For anyone reading this who has a family member in a Memory Care facility, my biggest suggestion to you is to be THEIR ADVOCATE. Be a voice for them in all aspects of their care: medication, washing their clothes, making the bed, cleaning of the room, how they are cleaned up, oxygen cannulas changed out per week, bed alarms turned on and off properly, and batteries working at all times, and how they are cared for when you are NOT THERE.
Firsthand, I can say this was a role I never expected to do in my life. Nor did I think of myself as the primary caregiver to BOTH my parents. My dad being in Memory Care has been one of the hardest and most emotional things to endure. Moments in tears driving to an errand, sitting at the kitchen table early in the morning, and realizing this person will NEVER be at home again. But to be their advocate when placed in a Memory Care facility will challenge you to your CORE. Voice your opinions, put everything in writing, and follow up with the LVN, Med Tech, Carestaff even housekeeping to make sure your requests are fulfilled as per your instructions. Be as detailed as possible and don’t worry about what your family thinks, you are doing “God’s Work” and how they are cared for will hopefully ease some of the stress of ‘letting go.’ It was the letting go part that was grueling for me: I had to visit EVERY DAY to make sure my dad was cared for as per my overly detailed instructions. One day, the pull cord was too far away from him to get help. I wrote a note to the nurse and continually made sure it was properly nearer as I wanted. Don’t be afraid to stand your ground. YOUR PARENT IS WHAT MATTERS.

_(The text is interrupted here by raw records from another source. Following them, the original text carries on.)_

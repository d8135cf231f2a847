-- ===== src/Client/Timeout.antt =====
-- The `grpc-timeout` header: `parse_grpc_timeout` of crates/grpc-quic-client/src/channel.rs, and
-- the standard library's `str::parse::<u64>` that it calls. A text is its bytes; the header's text
-- is ASCII. Arithmetic is that of a release build, where `val * 3600` goes round at 2^64.
pub mod Laws
pub mod Meaning
mod Tests
use grpc_quic_rs.Common.{
  ℕ, ◌+◌, ◌-◌, ◌*◌, ◌%◌, [], ◌∷◌, Option, none, some, Bool, ◌||◌, Bytes, Duration, from_secs,
  from_millis, from_micros, from_nanos, u64_mod, ltb, ◌==◌, if◌then◌else◌,
}

abbrev and_then {ℓ κ} : {A : Type ℓ} {B : Type κ} → Option A → (A → Option B) → Option B
and_then none f = none
and_then (some a) f = f a

-- `u64::checked_mul` and `u64::checked_add`
checked : ℕ → Option ℕ
checked n = if ltb n u64_mod then some n else none

-- `char::to_digit(10)`
to_digit : ℕ → Option ℕ
to_digit c = if ltb c b'0' || ltb b'9' c then none else some (c - b'0')

-- The loop of `from_str_radix`.
scan : Bytes → ℕ → Option ℕ
unfolding checked to_digit
scan [] n = some n
scan (c ∷ s) n =
    and_then (checked (n * 10)) λ m. and_then (to_digit c) λ d. and_then (checked (m + d)) (scan s)

-- One leading `+` is taken, but not alone.
signed : ℕ → Bytes → Option ℕ
unfolding scan
signed c [] = scan (c ∷ []) 0
signed c (x ∷ s) = if c == b'+' then scan (x ∷ s) 0 else scan (c ∷ x ∷ s) 0

pub parse_u64 : Bytes → Option ℕ
unfolding signed
parse_u64 [] = none
parse_u64 (c ∷ s) = signed c s

-- The `match` on the unit.
of_unit : ℕ → ℕ → Option Duration
of_unit unit val =
    if unit == b'H'
    then some (from_secs (val * 3600 % u64_mod))
    else if unit == b'M'
    then some (from_secs (val * 60 % u64_mod))
    else if unit == b'S'
    then some (from_secs val)
    else if unit == b'm'
    then some (from_millis val)
    else if unit == b'u'
    then some (from_micros val)
    else if unit == b'n'
    then some (from_nanos val)
    else none

-- `split_at(len - 1)` of a text that is not empty: all but the last byte, and that byte.
pub split_last : ℕ → Bytes → Bytes × ℕ
split_last c [] = ([], c)
split_last c (x ∷ s) = let (front, last) = split_last x s in (c ∷ front, last)

unfoldable pub parse_grpc_timeout : Bytes → Option Duration
unfolding parse_u64 of_unit split_last
parse_grpc_timeout [] = none
parse_grpc_timeout (c ∷ s) =
    let (val_str, unit) = split_last c s in and_then (parse_u64 val_str) (of_unit unit)
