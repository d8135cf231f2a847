-- ===== src/Client/Call.antt =====
-- `QuicChannel::call` of crates/grpc-quic-client/src/channel.rs: one call, with its attempts. What
-- the pool, h3 and the server answer is a parameter, for each attempt by its number. The channel
-- `err_tx` and the task that an attempt makes are named by that number as well.
pub mod Rounds
pub mod Attempts
pub mod Failure
pub mod Carried
pub mod Pooled
pub mod Stuck
pub mod Owned
pub mod Role
pub mod Sent
pub mod Pace
mod Tests
use grpc_quic_rs.Common.{
  ℕ, zero, suc, ◌+◌, String, List, [], ◌∷◌, ◌++◌, Option, none, some, Bool, true, false, Result, ok,
  err, ◌>>=◌, map_err, Bytes, codes, Duration, Display, to_string, push_str, io_other, unwrap_or,
  take,
}
use grpc_quic_rs.Core.Body.Client
use grpc_quic_rs.Core.Body.Client.{ClientRecvBody}
use grpc_quic_rs.Core.Http.{HeaderMap}
use grpc_quic_rs.Errors.{
  TransportError, ClientError, transport, retries_exhausted, closed, stream_io, request_build,
  CoreError, core_error_display,
}
use grpc_quic_rs.Metrics.{Record, reconnect, request, stream}
use grpc_quic_rs.Client.Pool.{PoolEntry}
use grpc_quic_rs.Client.Retry.{Float, RetryPolicy, backoff_for}
use grpc_quic_rs.Client.Timeout.{parse_grpc_timeout}

-- The parts of the caller's request, without its body.
pub record Parts (M H : Type 0) : Type 0 where
  pub method : M
  pub authority : Option String
  pub path : String
  pub headers : H

-- The request that is sent over HTTP/3.
pub record H3Request (M H : Type 0) : Type 0 where
  pub method : M
  pub uri : String
  pub headers : H

pub record Response (T H B : Type 0) : Type 0 where
  pub status : T
  pub headers : H
  pub body : B

-- What a call does.
pub data Event (A M H : Type 0) : Type 0 where
  metric : Record → Event A M H
  sleep : Duration → Event A M H
  get_or_connect : A → Event A M H
  invalidate : A → Event A M H
  send_request : H3Request M H → Event A M H
  spawn_forward : ℕ → Event A M H
  abort_forward : ℕ → Event A M H

-- The answers to one call, by the number of the attempt: of the pool, of the builder of a request,
-- of `send_request` (a stream's receiving half) and of `recv_response`.
pub record World (C H3 M H S T E Q : Type 0) : Type 0 where
  pub pool : ℕ → Result (PoolEntry C H3) (ClientError Q)
  pub build : M → String → Result (Unit {0}) String
  pub send : ℕ → H3 → H3Request M H → Result S CoreError
  pub recv_response : ℕ → S → Result (T × H) E

-- `get_or_connect`'s argument: an endpoint of its own for each connection. `?` converts the errors.
abbrev connect_fn :
    {A C K L Q : Type 0}
    → (K → Result L (TransportError Q))
    → (L → A → String → Result C (TransportError Q))
    → K
    → String
    → A
    → Result C (ClientError Q)
connect_fn client connect tls_config server_name addr = do
  endpoint ← map_err transport (client tls_config)
  map_err transport (connect endpoint addr server_name)

-- The headers of the request over HTTP/3.
pub call_headers : (m : HeaderMap) → m.H → m.H
call_headers m original_headers =
    m.insert (m.insert original_headers "content-type" (codes "application/grpc")) "te"
      (codes "trailers")

abbrev pub call_uri : String → String → String
call_uri authority path = push_str "https://" (push_str authority path)

-- What was done, before what is done next.
abbrev pub then : {X Y : Type 0} → List X → List X × Y → List X × Y
then done (rest, res) = (done ++ rest, res)

module _ {A C H3 M S T E Q : Type 0} ⦃d : Display E⦄ (m : HeaderMap) (f : Float)
    (w : World C H3 M m.H S T E Q) (retry : RetryPolicy f.F) (remote : A) (server_name : String)
    (deadline : Option ℕ) (parts : Parts M m.H) where
  open m use {H}

  abbrev pub Outcome : Type 0
  Outcome = List (Event A M H) × Result (Response T H (ClientRecvBody S ℕ ℕ)) (ClientError Q)

  -- Before all attempts but the first.
  pub pause : ℕ → List (Event A M H)
  pause zero = []
  pause (suc n) = metric reconnect ∷ sleep (backoff_for f retry n) ∷ []

  unfoldable pub h3_request : H3Request M H
  unfolding call_headers
  h3_request = record {
    method = parts.method;
    uri = call_uri (unwrap_or server_name parts.authority) parts.path;
    headers = call_headers m parts.headers;
  }

  -- `recv_response`, after the forwarding task was spawned.
  on_response : ℕ → S → Result (T × H) E → Outcome
  on_response n recv (ok (status, headers)) = (
    [],
    ok (record {
      status = status;
      headers = headers;
      body = Client.new recv (some n) (some n) deadline;
    }),
  )
  on_response n recv (err e) = (abort_forward n ∷ [], err (stream_io (io_other (to_string e))))

  -- `again` is the rest of the loop, with its `last_error`.
  on_stream : ℕ → (Option (ClientError Q) → Outcome) → Result S CoreError → Outcome
  unfolding on_response
  on_stream n again (ok recv) =
      then (metric (stream "client") ∷ spawn_forward n ∷ [])
        (on_response n recv (w.recv_response n recv))
  on_stream n again (err e) =
      then (invalidate remote ∷ []) (again (some (stream_io (io_other (to_string e)))))

  on_built :
      ℕ → (Option (ClientError Q) → Outcome) → PoolEntry C H3 → Result (Unit {0}) String → Outcome
  unfolding on_stream h3_request
  on_built n again entry (ok _) =
      then (send_request h3_request ∷ []) (on_stream n again (w.send n entry.h3 h3_request))
  on_built n again entry (err e) = ([], err (request_build e))

  pub on_entry :
      ℕ → (Option (ClientError Q) → Outcome) → Result (PoolEntry C H3) (ClientError Q) → Outcome
  unfolding on_built h3_request
  on_entry n again (ok entry) =
      then (metric (request "client" parts.path) ∷ [])
        (on_built n again entry (w.build parts.method h3_request.uri))
  on_entry n again (err e) = then (invalidate remote ∷ []) (again (some e))

  -- The loop: the number of attempts left, the number of this one, `last_error`.
  pub attempts : ℕ → ℕ → Option (ClientError Q) → Outcome
  unfolding pause on_entry
  attempts zero n last_error =
      ([], err (unwrap_or (retries_exhausted retry.max_attempts "no error captured") last_error))
  attempts (suc left) n last_error =
      then (pause n ++ get_or_connect remote ∷ []) (on_entry n (attempts left (suc n)) (w.pool n))

  -- `rpc_future`, which begins with a permit of the semaphore, if that is not closed.
  unfoldable pub rpc_future : Bool → Outcome
  unfolding attempts
  rpc_future false = ([], err closed)
  rpc_future true = attempts retry.max_attempts 0 none

  -- `timeout_at`: a future that is dropped at its deadline has done a part of its work.
  pub timeout_at : Option ℕ → Option ℕ → Outcome → Outcome
  timeout_at none expired future = future
  timeout_at (some dl) none future = future
  timeout_at (some dl) (some n) (events, res) =
      (take n events, err (request_build "DeadlineExceeded"))

-- The deadline of a call that starts at `now`; `to_str` is that of `HeaderValue`.
deadline_of : ℕ → (Bytes → Option Bytes) → Option Bytes → Option ℕ
deadline_of now to_str none = none
deadline_of now to_str (some timeout_val) = elim (to_str timeout_val) [
  | none ↦ none
  | some timeout_str ↦ elim (parse_grpc_timeout timeout_str) [
    | none ↦ none
    | some d ↦ some (now + d)
  ]
]

module _ {A C H3 M S T E Q : Type 0} ⦃d : Display E⦄ (m : HeaderMap) (f : Float)
    (w : World C H3 M m.H S T E Q) (retry : RetryPolicy f.F) (remote : A)
    (server_name : String) where
  -- `call`, at the instant `now`. `permit` says whether the semaphore gives one, and `expired` after
  -- how many of its events the deadline, if there is one, drops the future.
  unfoldable pub call :
      (ℕ
        → (Bytes → Option Bytes)
        → Bool
        → Option ℕ
        → Parts M m.H
        → List (Event A M m.H) × Result (Response T m.H (ClientRecvBody S ℕ ℕ)) (ClientError Q))
  unfolding deadline_of timeout_at rpc_future
  call now to_str permit expired parts =
      let deadline = deadline_of now to_str (m.get parts.headers "grpc-timeout") in
      timeout_at m f w retry remote server_name deadline parts deadline expired
        (rpc_future m f w retry remote server_name deadline parts permit)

I have had numerous times where I get a phone call “Sorry to let you know but …. happened.” It’s the last thing I wanted to hear ever. Memory Care residents really need a family member who knows the ins and outs of the facility – who the Memory Care Director is, Maintenance, Housekeeping Etc. If your loved one is a diabetic, make sure blood glucose readings are faxed to their doctor each week. Also, monitor their supplies (have some at home as reserve) so when the nurses call you have it ready to go. There is NO RULE BOOK to be an Advocate for your loved one. It’s jumping in with both feet and NEVER walking away or being too busy with life to make time to care.
Become an advocate when they go to the hospital if you are either their Power of Attorney or NOT. Skilled Nursing Facilities are another place where being a forceful advocate is crucial. I have been at a skilled nursing facility with my dad and I went there EVERY DAY the ENTIRE time he was there. Be as detailed as you can – look for and know all the people in charge of your loved one.
Many times I’ve said to myself, “Who’s going to be there for ME?” This is something that makes me very sad thinking about all that I have done for my dad. To this day I still get emotional about that question.
Advocates from the Heart will go the extra mile, give up their personal time and energy to make sure their loved one is cared for so they can have some peace of mind. Be the light that shines BRIGHT for those with Dementia who can’t speak for themselves. You won’t be sorry you did this, however, let me say that it is a rollercoaster of emotions. The Long Goodbye is one of the toughest things we can go through but even on the days when all you can do is CRY, try your best to find comfort in knowing you are AMAZING and one of the most CARING and COMPASSIONATE people in the world.